Start of SOURCE MATERIAL

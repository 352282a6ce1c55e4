-- ===== src/Glob/Clean.antt =====
-- `cleanGlob` of pkg/filetree/glob_parser.go and its passes. The source walks runes: over UTF-8 text the
-- passes act alike on bytes, for they look for ASCII alone.
use stereoscope.Go.Strings.{slash, trim_space, trim_right, trim_prefix, has_prefix, replace_all}
use stereoscope.Prelude.{
  ℕ, zero, suc, [], ◌∷◌, ◌++◌, Bool, true, false, ◌&&◌, ◌||◌, Str, codes, ◌==◌, ltb, if◌then◌else◌,
  length,
}

abbrev pub star : ℕ
star = b'*'

-- The loop of `removeRedundantCountGlob`, with the length of the streak so far.
unfoldable pub cut_streaks : ℕ → ℕ → ℕ → Str → Str
cut_streaks val count streak [] = []
cut_streaks val count streak (c ∷ s) =
    let counted = cut_streaks val count (suc streak) s in
    let other = c ∷ cut_streaks val count 0 s in
    if c == val then (if ltb count (suc streak) then counted else c ∷ counted) else other

-- `removeRedundantCountGlob`
unfoldable pub remove_redundant_count_glob : Str → ℕ → ℕ → Str
unfolding cut_streaks
remove_redundant_count_glob glob val count = cut_streaks val count 0 glob

stars : ℕ → Str
stars zero = []
stars (suc n) = star ∷ stars n

-- What stands for the buffered asterisks: all of them within a recursive streak, one elsewhere.
flush : ℕ → Bool → Str
unfolding stars
flush zero streak = []
flush (suc n) true = stars (suc n)
flush (suc n) false = star ∷ []

-- The loop of `simplifyMultipleGlobAsterisks`: whether this is the first character, the number of
-- asterisks in the buffer, and whether they may be a recursive streak.
unfoldable pub simplify_asterisks : Bool → ℕ → Bool → Str → Str
unfolding flush
simplify_asterisks first n streak [] = flush n streak
simplify_asterisks first n streak (c ∷ s) =
    let buffered = simplify_asterisks false (suc n) (first || streak) s in
    let at_slash = flush n streak ++ (c ∷ simplify_asterisks false 0 true s) in
    let elsewhere = flush n false ++ (c ∷ simplify_asterisks false 0 false s) in
    if c == star then buffered else if c == slash then at_slash else elsewhere

-- `simplifyMultipleGlobAsterisks`
unfoldable pub simplify_multiple_glob_asterisks : Str → Str
unfolding simplify_asterisks
simplify_multiple_glob_asterisks glob = simplify_asterisks true 0 false glob

opening : Bool → Str
opening true = []
opening false = codes "**/"

-- `globRecursionRightPattern.ReplaceAllString(glob, "**/")`: the pattern `(\*\*/?)+`, where the flag
-- says that a match is going on.
unfoldable pub collapse_recursion : Bool → Str → Str
unfolding opening
collapse_recursion going [] = []
collapse_recursion going (c ∷ []) = c ∷ []
collapse_recursion going (c ∷ d ∷ []) =
    if (c == star) && (d == star) then opening going else c ∷ collapse_recursion false (d ∷ [])
collapse_recursion going (c ∷ d ∷ e ∷ s) =
    let past_slash = opening going ++ collapse_recursion true s in
    let past = opening going ++ collapse_recursion true (e ∷ s) in
    let other = c ∷ collapse_recursion false (d ∷ e ∷ s) in
    if (c == star) && (d == star) then (if e == slash then past_slash else past) else other

unfoldable pub trim_slashes : Str → Str
unfolding trim_right
trim_slashes glob = if ltb 1 (length glob) then trim_right glob (slash ∷ []) else glob

-- `simplifyGlobRecursion`
unfoldable pub simplify_glob_recursion : Str → Str
unfolding collapse_recursion replace_all has_prefix trim_prefix trim_slashes
simplify_glob_recursion glob =
    let g = replace_all (collapse_recursion false glob) (codes "//") (slash ∷ []) in
    trim_slashes (if has_prefix g (codes "/**/") then trim_prefix g (slash ∷ []) else g)

-- `cleanGlob`
unfoldable pub clean_glob : Str → Str
unfolding trim_space remove_redundant_count_glob trim_slashes simplify_multiple_glob_asterisks
    simplify_glob_recursion
clean_glob glob =
    let g = remove_redundant_count_glob (trim_space glob) slash 1 in
    let g2 = remove_redundant_count_glob g star 2 in
    simplify_glob_recursion (simplify_multiple_glob_asterisks (trim_slashes g2))
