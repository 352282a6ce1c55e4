-- ===== src/Glob.antt =====
-- pkg/filetree/glob_parser.go: what a glob asks of the index.
pub mod Clean
pub mod Streaks
pub mod Whole
use stereoscope.Glob.Clean.{clean_glob}
use stereoscope.Go.Strings.{
  slash, contains_any, count_byte, index_byte, last_index_byte, split, split_str, replace_all,
}
use stereoscope.Prelude.{
  ℕ, suc, ◌-◌, List, [], ◌∷◌, map, Option, none, some, Bool, true, false, not, ◌&&◌, ◌||◌, Str,
  codes, str_eq, ◌==◌, ltb, if◌then◌else◌, length, take, drop,
}

-- `searchBasis`
pub data SearchBasis : Type 0 where
  by_glob by_full_path by_extension by_basename by_basename_glob by_sub_directory : SearchBasis

-- `searchRequest`
pub record SearchRequest : Type 0 where
  pub basis : SearchBasis
  pub value : Str
  pub requirement : Str

abbrev pub special : Str
special = codes "*?[]{}"

abbrev pub request : SearchBasis → Str → SearchRequest
request basis value = record { basis = basis; value = value; requirement = [] }

-- `splitAtBasename`: what stands before the last slash, and the basename behind it.
unfoldable pub split_at_basename : Str → Str × Str
unfolding last_index_byte
split_at_basename glob = elim (last_index_byte glob slash) [
  | none ↦ ([], glob)
  | some i ↦ if ltb i (length glob - 1) then (take i glob, drop (suc i) glob) else ([], [])
]

unfoldable pub is_extension : SearchBasis → Bool
is_extension by_extension = true
is_extension _ = false

unfoldable pub is_by_glob : SearchBasis → Bool
is_by_glob by_glob = true
is_by_glob _ = false

-- The requirement that `applyRequirement` gives a request.
unfoldable pub required : SearchRequest → Str → Str → Str
unfolding is_extension
required r before glob =
    if str_eq before []
    then []
    else if (str_eq before (codes "**") || str_eq before r.requirement)
        && not (is_extension r.basis)
    then []
    else glob

-- `applyRequirement`
unfoldable pub apply_requirement : Str → Str → SearchRequest → SearchRequest
unfolding required is_by_glob
apply_requirement before glob r =
    let requirement = required r before glob in
    if is_by_glob r.basis
    then record r {
      value = glob;
      requirement = if str_eq glob requirement then [] else requirement;
    }
    else record r { requirement = requirement }

-- A section of a list `{a,b,c}`.
unfoldable pub section_request : Str → SearchRequest
unfolding contains_any
section_request s =
    if contains_any s (codes "*?") then request by_basename_glob s else request by_basename s

-- `strings.Index(s, c) == i`
at_index : Str → ℕ → ℕ → Bool
unfolding index_byte
at_index s c i = elim (index_byte s c) [ none ↦ false | some j ↦ j == i ]

-- What stands between the first and the last byte.
inner : Str → Str
inner s = take (length s - 1 - 1) (drop 1 s)

-- The requests of a list of more than one section.
section_requests : Str → List Str → List SearchRequest
unfolding section_request
section_requests basename (a ∷ b ∷ rest) = map section_request (a ∷ b ∷ rest)
section_requests basename _ = request by_basename_glob basename ∷ []

-- `parseBasenameAltAndClassGlobSections`
unfoldable pub parse_basename_alt_and_class : Str → List SearchRequest
unfolding count_byte at_index inner section_requests split
parse_basename_alt_and_class s =
    if not (count_byte s b'{' == count_byte s b'}') || not (count_byte s b'[' == count_byte s b']')
    then request by_glob [] ∷ []
    else if ltb 0 (count_byte s b'[')
    then request by_basename_glob s ∷ []
    else if (count_byte s b'{' == 1) && at_index s b'{' 0 && at_index s b'}' (length s - 1)
    then section_requests s (split (inner s) b',')
    else request by_basename_glob s ∷ []

-- The extension of a basename that is `*.` and no other pattern.
plain_extension : List Str → Option Str
unfolding contains_any
plain_extension (a ∷ b ∷ []) =
    if str_eq a [] && not (contains_any b (codes "*?")) then some b else none
plain_extension _ = none

-- The end of `parseGlobBasename`, for a basename that is no plain extension.
parse_other_basename : Str → List SearchRequest
unfolding contains_any replace_all
parse_other_basename s =
    if not (contains_any s (codes "*?"))
    then request by_basename s ∷ []
    else if str_eq (replace_all (replace_all s (codes "?") []) (codes "*") []) []
    then request by_glob [] ∷ []
    else request by_basename_glob s ∷ []

-- `parseGlobBasename`
unfoldable pub parse_glob_basename : Str → List SearchRequest
unfolding contains_any parse_basename_alt_and_class plain_extension parse_other_basename split_str
parse_glob_basename s =
    if contains_any s (codes "[]{}")
    then parse_basename_alt_and_class s
    else elim (plain_extension (split_str s (codes "*."))) [
      | some e ↦ request by_extension (b'.' ∷ e) ∷ []
      | none ↦ parse_other_basename s
    ]

-- The end of `parseGlob`, for a basename that is no `*` below a plain directory.
unfoldable pub parse_at_basename : Str → Str → Str → List SearchRequest
unfolding parse_glob_basename apply_requirement
parse_at_basename glob before basename =
    map (apply_requirement before glob) (parse_glob_basename basename)

-- `parseGlob`, of a glob that `cleanGlob` has been through
unfoldable pub parse_clean_glob : Str → List SearchRequest
unfolding contains_any split_at_basename parse_at_basename
parse_clean_glob glob =
    let (before, basename) = split_at_basename glob in
    let nested = (split_at_basename before).1 in
    if not (contains_any glob special)
    then request by_full_path glob ∷ []
    else if str_eq basename (codes "*") && not (contains_any nested special)
    then record { basis = by_sub_directory; value = nested; requirement = before } ∷ []
    else parse_at_basename glob before basename

-- `parseGlob`
unfoldable pub parse_glob : Str → List SearchRequest
unfolding clean_glob parse_clean_glob
parse_glob glob = parse_clean_glob (clean_glob glob)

End of SOURCE MATERIAL

- PROBLEM STATEMENT
With the first line being the one containing "unfolding trim_space remove_redundant_count_glob" and the last line the one containing "let g2 = remove_redundant_count_glob", transcribe exactly the lines above that fall in that range.

- RESULT OF THIS EXERCISE
unfolding trim_space remove_redundant_count_glob trim_slashes simplify_multiple_glob_asterisks
    simplify_glob_recursion
clean_glob glob =
    let g = remove_redundant_count_glob (trim_space glob) slash 1 in
    let g2 = remove_redundant_count_glob g star 2 in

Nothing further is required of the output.